What this task involves: Beneath this task are records; print exactly the stretch of them from the line with "take-append_of_length zero [] ys h = refl" through the line with "pub drop-take : (n", both ends included.

Saved data entries
▬▬▬

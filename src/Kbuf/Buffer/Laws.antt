-- ===== src/Kbuf/Buffer/Laws.antt =====
-- How the shared accesses change a valid buffer and its contents.
use kernel_code.Prelude.{
  ℕ, zero, suc, ◌+◌, ◌-◌, ◌≤◌, ◌≡◌, refl, ap, sym, ◌∙◌, List, [], ◌∷◌, ◌++◌, arith, length, take,
  drop, length-append, length-take, length-drop, append_assoc,
}
use kernel_code.Kbuf.Buffer.{
  Buffer, IsValid, contents, sz_512, slice, overwrite, sub_size, add_size, shift_down, shrink,
  store_tail, grow,
}

module _ {ℓ} {A : Type ℓ} where
  pub take-nil : (n : ℕ) → take {A = A} n [] ≡ []
  take-nil zero = refl
  take-nil (suc n) = refl

  pub take-append_of_length : (n : ℕ) (xs ys : List A) → length xs ≡ n → take n (xs ++ ys) ≡ xs
  take-append_of_length zero [] ys h = refl
  take-append_of_length zero (x ∷ xs) ys h = absurd (omega arith)
  take-append_of_length (suc n) [] ys h = absurd (omega arith)
  take-append_of_length (suc n) (x ∷ xs) ys h =
      ap (λ t. x ∷ t) (take-append_of_length n xs ys (omega arith))

  pub drop-take : (n k : ℕ) (xs : List A) → drop n (take (n + k) xs) ≡ take k (drop n xs)
  drop-take zero k xs = ap (λ j. take j xs) (omega arith)
  drop-take (suc n) k [] = let e : suc n + k ≡ suc (n + k) = omega arith in rw e (sym (take-nil k))
  drop-take (suc n) k (x ∷ xs) =
      let e : suc n + k ≡ suc (n + k) = omega arith in rw e (drop-take n k xs)

  pub take-take_le : (n k : ℕ) (xs : List A) → n ≤ k → take n (take k xs) ≡ take n xs
  take-take_le zero k xs h = refl
  take-take_le (suc n) zero xs h = absurd (omega arith)
  take-take_le (suc n) (suc k) [] h = refl
  take-take_le (suc n) (suc k) (x ∷ xs) h = ap (λ t. x ∷ t) (take-take_le n k xs (omega arith))

-- A store inside the storage keeps its size.
pub length-overwrite :
    (mem : List ℕ) (off : ℕ) (bs : List ℕ)
    → off + length bs ≤ length mem
    → length (overwrite mem off bs) ≡ length mem
length-overwrite mem off bs h = omega (
  arith,
  length-append (take off mem) (bs ++ drop (off + length bs) mem),
  length-append bs (drop (off + length bs) mem),
  length-take off mem,
  length-drop (off + length bs) mem,
)

pub length-slice : (mem : List ℕ) (off n : ℕ) → off + n ≤ length mem → length (slice mem off n) ≡ n
length-slice mem off n h = omega (arith, length-take n (drop off mem), length-drop off mem)

module _ (b : Buffer) (v : IsValid b) where
  pub length-contents : length (contents b) ≡ b.validlen
  length-contents = omega (arith, length-take b.validlen b.mem)

  -- What `copy_to_user(buf, kbuf, cnt)` is given is the oldest data.
  pub slice-contents : (n : ℕ) → n ≤ b.validlen → slice b.mem 0 n ≡ take n (contents b)
  slice-contents n h = sym (take-take_le n b.validlen b.mem h)

  module _ (n : ℕ) (h : n ≤ b.validlen) where
    no_wrap : sub_size b.validlen n ≡ b.validlen - n
    no_wrap = omega arith

    abbrev rest : List ℕ
    rest = slice b.mem n (b.validlen - n)

    length-rest : length rest ≡ b.validlen - n
    length-rest = length-slice b.mem n (b.validlen - n) (omega arith)

    -- Neither the move nor the subtraction leaves the storage, and the oldest `n` bytes are gone.
    pub shrink-shift_down-IsValid : IsValid (shrink n (shift_down n b))
    unfolding shrink shift_down
    shrink-shift_down-IsValid = record {
      storage = rw no_wrap (length-overwrite b.mem 0 rest (omega (arith, length-rest)) ∙ v.storage);
      fits = omega arith;
    }

    pub contents-shrink-shift_down : contents (shrink n (shift_down n b)) ≡ drop n (contents b)
    unfolding shrink shift_down
    contents-shrink-shift_down =
        rw no_wrap (take-append_of_length (b.validlen - n) _ _ length-rest ∙ shifted)
      where
        whole : n + (b.validlen - n) ≡ b.validlen
        whole = omega arith

        shifted : slice b.mem n (b.validlen - n) ≡ drop n (contents b)
        shifted = sym (drop-take n (b.validlen - n) b.mem) ∙ ap (λ k. drop n (take k b.mem)) whole

  module _ (bs : List ℕ) (h : b.validlen + length bs ≤ sz_512) where
    -- A store behind the data stays in the storage and leaves the data alone.
    pub store_tail-IsValid : IsValid (store_tail bs b)
    unfolding store_tail
    store_tail-IsValid = record {
      storage = length-overwrite b.mem b.validlen bs (omega arith) ∙ v.storage;
      fits = v.fits;
    }

    pub contents-store_tail : contents (store_tail bs b) ≡ contents b
    unfolding store_tail
    contents-store_tail = take-append_of_length b.validlen _ _ length-contents

    pub grow-store_tail-IsValid : IsValid (grow (length bs) (store_tail bs b))
    unfolding grow store_tail
    grow-store_tail-IsValid = record { storage = store_tail-IsValid.storage; fits = omega arith }

    -- The bytes are appended to the data.
    pub contents-grow-store_tail : contents (grow (length bs) (store_tail bs b)) ≡ contents b ++ bs
    unfolding grow store_tail
    contents-grow-store_tail = rw sum (
        rw (← append_assoc (contents b) bs _)
          (take-append_of_length (b.validlen + length bs) _ _ both))
      where
        sum : add_size b.validlen (length bs) ≡ b.validlen + length bs
        sum = omega arith

        both : length (contents b ++ bs) ≡ b.validlen + length bs
        both = omega (arith, length-append (contents b) bs, length-contents)
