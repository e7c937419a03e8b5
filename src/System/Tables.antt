-- ===== src/System/Tables.antt =====
-- contracts/eosio.system/include/eosio.system/eosio.system.hpp: the constants, and the rows of the tables.
use ux_contracts.Prelude.{
  ℕ, ◌+◌, ◌-◌, ◌*◌, ◌/◌, ◌%◌, Bool, false, ◌&&◌, Option, none, some, List, [], ◌∷◌, ◌==◌,
  if◌then◌else◌, String, ℤ, pos, eqb_ℤ,
}
use ux_contracts.Chain.Asset.{Symbol, Asset}
use ux_contracts.Chain.Double.{Double, of_ℕ}

-- `eosio.token`, `eosio.ram` and the other accounts of the system, as names.
abbrev pub ram_account : ℕ
ram_account = 6138663590285017088

abbrev pub stake_account : ℕ
stake_account = 6138663591134630912

abbrev pub bpay_account : ℕ
bpay_account = 6138663581940940800

abbrev pub upay_account : ℕ
upay_account = 6138663592141488128

abbrev pub names_account : ℕ
names_account = 6138663588137709568

abbrev pub rex_account : ℕ
rex_account = 6138663590357893120

abbrev pub b1_account : ℕ
b1_account = 4053239664633446400

-- `UTXRAM` with four decimals.
abbrev pub ramcore_symbol : Symbol
ramcore_symbol = record { code = 84942949733461; precision = 4 }

abbrev pub seconds_per_day : ℕ
seconds_per_day = 24 * 3600

abbrev pub seconds_per_year : ℕ
seconds_per_year = 52 * 7 * 24 * 3600

abbrev pub refund_delay_sec : ℕ
refund_delay_sec = 3 * seconds_per_day

abbrev pub blocks_per_day : ℕ
blocks_per_day = 2 * seconds_per_day

-- What is taken from the class of names: the suffix after the last dot, and the texts of two errors.
pub record Names : Type 0 where
  pub suffix : ℕ → ℕ
  pub not_registered : ℕ → String
  pub not_currently_registered : ℕ → String

-- `eosio::block_signing_authority`: its one version, with the keys and their weights.
pub record Authority : Type 0 where
  pub threshold : ℕ
  pub authority_keys : List (ℕ × ℕ)

-- What is taken from the class of authorities, `is_valid`.
pub record Authorities : Type 0 where
  pub is_valid : Authority → Bool

abbrev pub convert_to_block_signing_authority : ℕ → Authority
convert_to_block_signing_authority producer_key = record {
  threshold = 1;
  authority_keys = (producer_key, 1) ∷ [];
}

-- The flags of `voter_info::flags1`: a bit is set, and set or cleared.
abbrev pub has_field : (flags field : ℕ) → Bool
has_field flags field = flags / field % 2 == 1

abbrev pub set_field : (flags field : ℕ) → Bool → ℕ
set_field flags field value =
    if has_field flags field
    then if value then flags else flags - field
    else if value
    then flags + field
    else flags

abbrev pub ram_managed : ℕ
ram_managed = 1

abbrev pub net_managed : ℕ
net_managed = 2

abbrev pub cpu_managed : ℕ
cpu_managed = 4

pub record UserResources : Type 0 where
  pub owner : ℕ
  pub net_weight : Asset
  pub cpu_weight : Asset
  pub ram_bytes : ℤ

abbrev pub is_empty_resources : UserResources → Bool
is_empty_resources r =
    eqb_ℤ r.net_weight.amount (pos 0)
    && eqb_ℤ r.cpu_weight.amount (pos 0)
    && eqb_ℤ r.ram_bytes (pos 0)

pub record DelegatedBandwidth : Type 0 where
  pub from : ℕ
  pub to : ℕ
  pub net_weight : Asset
  pub cpu_weight : Asset

abbrev pub is_empty_bandwidth : DelegatedBandwidth → Bool
is_empty_bandwidth d = eqb_ℤ d.net_weight.amount (pos 0) && eqb_ℤ d.cpu_weight.amount (pos 0)

-- The time is in whole seconds.
pub record RefundRequest : Type 0 where
  pub owner : ℕ
  pub request_time : ℕ
  pub net_amount : Asset
  pub cpu_amount : Asset

abbrev pub is_empty_refund : RefundRequest → Bool
is_empty_refund r = eqb_ℤ r.net_amount.amount (pos 0) && eqb_ℤ r.cpu_amount.amount (pos 0)

pub record RexBalance : Type 0 where
  pub owner : ℕ
  pub vote_stake : Asset
  pub rex_balance : Asset

-- The pool that lends: of its fields those that vote stakes are computed from.
pub record RexPool : Type 0 where
  pub total_lendable : Asset
  pub total_rex : Asset

pub record ExchangeState : Type 0 where
  pub supply : Asset
  pub base : Asset
  pub quote : Asset

-- Of `eosio_global_state` and `eosio_global_state2` the fields that the modelled code uses; a block
-- time is its slot, other times are in microseconds, and the blockchain parameters are their packed
-- form.
pub record Global : Type 0 where
  pub max_ram_size : ℕ
  pub total_ram_bytes_reserved : ℕ
  pub total_ram_stake : ℤ
  pub last_producer_schedule_update : ℕ
  pub last_pervote_bucket_fill : ℕ
  pub total_unpaid_blocks : ℕ
  pub total_activated_stake : ℤ
  pub thresh_activated_stake_time : ℕ
  pub last_producer_schedule_size : ℕ
  pub last_name_close : ℕ
  pub new_ram_per_block : ℕ
  pub last_ram_increase : ℕ
  pub last_block_num : ℕ
  pub revision : ℕ
  pub parameters : ℕ

pub record WasmParameters : Type 0 where
  pub max_mutable_global_bytes : ℕ
  pub max_table_elements : ℕ
  pub max_section_elements : ℕ
  pub max_linear_memory_init : ℕ
  pub max_func_local_bytes : ℕ
  pub max_nested_structures : ℕ
  pub max_symbol_bytes : ℕ
  pub max_module_bytes : ℕ
  pub max_code_bytes : ℕ
  pub max_pages : ℕ
  pub max_call_depth : ℕ

-- The calls of the chain that only a privileged contract may make.
pub data Privileged : Type 0 where
  set_blockchain_parameters : ℕ → Privileged
  set_wasm_parameters : WasmParameters → Privileged
  set_privileged : ℕ → Bool → Privileged
  preactivate_feature : ℕ → Privileged

pub record AbiHash : Type 0 where
  pub owner : ℕ
  pub hash : ℕ

-- What the chain lets an account use.
pub record Limits : Type 0 where
  pub ram : ℤ
  pub net : ℤ
  pub cpu : ℤ

-- A deferred call of `refund`.
pub record Deferred : Type 0 where
  pub id : ℕ
  pub payer : ℕ
  pub owner : ℕ
  pub delay_sec : ℕ

module _ ⦃d : Double⦄ where
  pub record VoterInfo : Type 0 where
    pub owner : ℕ
    pub proxy : ℕ
    pub producers : List ℕ
    pub staked : ℤ
    pub last_vote_weight : d.F
    pub proxied_vote_weight : d.F
    pub is_proxy : Bool
    pub flags1 : ℕ

  -- `voter_info{}`, with its owner.
  abbrev pub new_voter : ℕ → VoterInfo
  new_voter owner = record {
    owner = owner;
    proxy = 0;
    producers = [];
    staked = pos 0;
    last_vote_weight = of_ℕ 0;
    proxied_vote_weight = of_ℕ 0;
    is_proxy = false;
    flags1 = 0;
  }

  pub record ProducerInfo : Type 0 where
    pub owner : ℕ
    pub total_votes : d.F
    pub producer_key : ℕ
    pub is_active : Bool
    pub url : String
    pub unpaid_blocks : ℕ
    pub last_claim_time : ℕ
    pub location : ℕ
    pub producer_authority : Option Authority

  pub record ProducerInfo2 : Type 0 where
    pub owner : ℕ
    pub votepay_share : d.F
    pub last_votepay_share_update : ℕ

  -- The sums of vote weights in the global states, and the settings of the inflation.
  pub record Weights : Type 0 where
    pub total_producer_vote_weight : d.F
    pub total_producer_votepay_share : d.F
    pub last_vpay_state_update : ℕ
    pub total_vpay_share_change_rate : d.F
    pub continuous_rate : d.F
    pub inflation_pay_factor : ℤ
    pub votepay_factor : ℤ

  -- `deactivate`: the key 0 is `public_key()`.
  abbrev pub deactivate : ProducerInfo → ProducerInfo
  deactivate p = record p { producer_key = 0; producer_authority = none; is_active = false }

  abbrev authority_or : ℕ → Option Authority → Authority
  authority_or key none = convert_to_block_signing_authority key
  authority_or key (some a) = if a.threshold == 0 then convert_to_block_signing_authority key else a

  abbrev pub get_producer_authority : ProducerInfo → Authority
  get_producer_authority p = authority_or p.producer_key p.producer_authority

▬▬▬

Response to the task:
  take-append_of_length zero [] ys h = refl
  take-append_of_length zero (x ∷ xs) ys h = absurd (omega arith)
  take-append_of_length (suc n) [] ys h = absurd (omega arith)
  take-append_of_length (suc n) (x ∷ xs) ys h =
      ap (λ t. x ∷ t) (take-append_of_length n xs ys (omega arith))

  pub drop-take : (n k : ℕ) (xs : List A) → drop n (take (n + k) xs) ≡ take k (drop n xs)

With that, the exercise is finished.